**EXERCISE DIRECTIONS**
Line by line, restate the listing below without any change.

---- WORKING DATA

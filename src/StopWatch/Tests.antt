-- ===== src/StopWatch/Tests.antt =====
-- A watch that is stopped after two seconds, started and restarted, and the times of a thread.
use network_demo.Base.{ℕ, ◌≡◌, refl, false, List, [], ◌∷◌, arith}
use network_demo.StopWatch.{Timespec, fresh, start, elapsed, Rusage, StopwatchRusage}
use network_demo.StopWatch.Laws.{
  exact, Event, start_at, stop_at, restart_at, replay, running, meter, measured, elapsed-replay,
}

abbrev at : ℕ → Timespec
at sec = record { tv_sec = sec; tv_nsec = 5 }

abbrev history : List Event
history = stop_at (at 3) ∷ start_at (at 4) ∷ restart_at (at 5) ∷ []

elapsed-replay_example :
    elapsed (replay (start fresh (at 1)) history) (at 6)
    ≡ measured (meter (running (exact (at 1))) history) (exact (at 6))
elapsed-replay_example = elapsed-replay (at 1) history (at 6) (omega arith)

measured-history : measured (meter (running (exact (at 1))) history) (exact (at 6)) ≡ 1000000000
unfolding measured meter
measured-history = refl

abbrev watch : StopwatchRusage
watch = record {
  start_ts = record { user_ns = 7; sys_ns = 8 };
  stop_ts = record { user_ns = 9; sys_ns = 20 };
  is_running = false;
}

abbrev usage : Rusage
usage = record { utime_sec = 1; utime_usec = 2; stime_sec = 3; stime_usec = 4 }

--------

**FINISHED EXERCISE**
filename src/StopWatch/Tests.antt
-- ===== src/StopWatch/Tests.antt =====
-- A watch that is stopped after two seconds, started and restarted, and the times of a thread.
use network_demo.Base.{ℕ, ◌≡◌, refl, false, List, [], ◌∷◌, arith}
use network_demo.StopWatch.{Timespec, fresh, start, elapsed, Rusage, StopwatchRusage}
use network_demo.StopWatch.Laws.{
  exact, Event, start_at, stop_at, restart_at, replay, running, meter, measured, elapsed-replay,
}

abbrev at : ℕ → Timespec
at sec = record { tv_sec = sec; tv_nsec = 5 }

abbrev history : List Event
history = stop_at (at 3) ∷ start_at (at 4) ∷ restart_at (at 5) ∷ []

elapsed-replay_example :
    elapsed (replay (start fresh (at 1)) history) (at 6)
    ≡ measured (meter (running (exact (at 1))) history) (exact (at 6))
elapsed-replay_example = elapsed-replay (at 1) history (at 6) (omega arith)

measured-history : measured (meter (running (exact (at 1))) history) (exact (at 6)) ≡ 1000000000
unfolding measured meter
measured-history = refl

abbrev watch : StopwatchRusage
watch = record {
  start_ts = record { user_ns = 7; sys_ns = 8 };
  stop_ts = record { user_ns = 9; sys_ns = 20 };
  is_running = false;
}

abbrev usage : Rusage
usage = record { utime_sec = 1; utime_usec = 2; stime_sec = 3; stime_usec = 4 }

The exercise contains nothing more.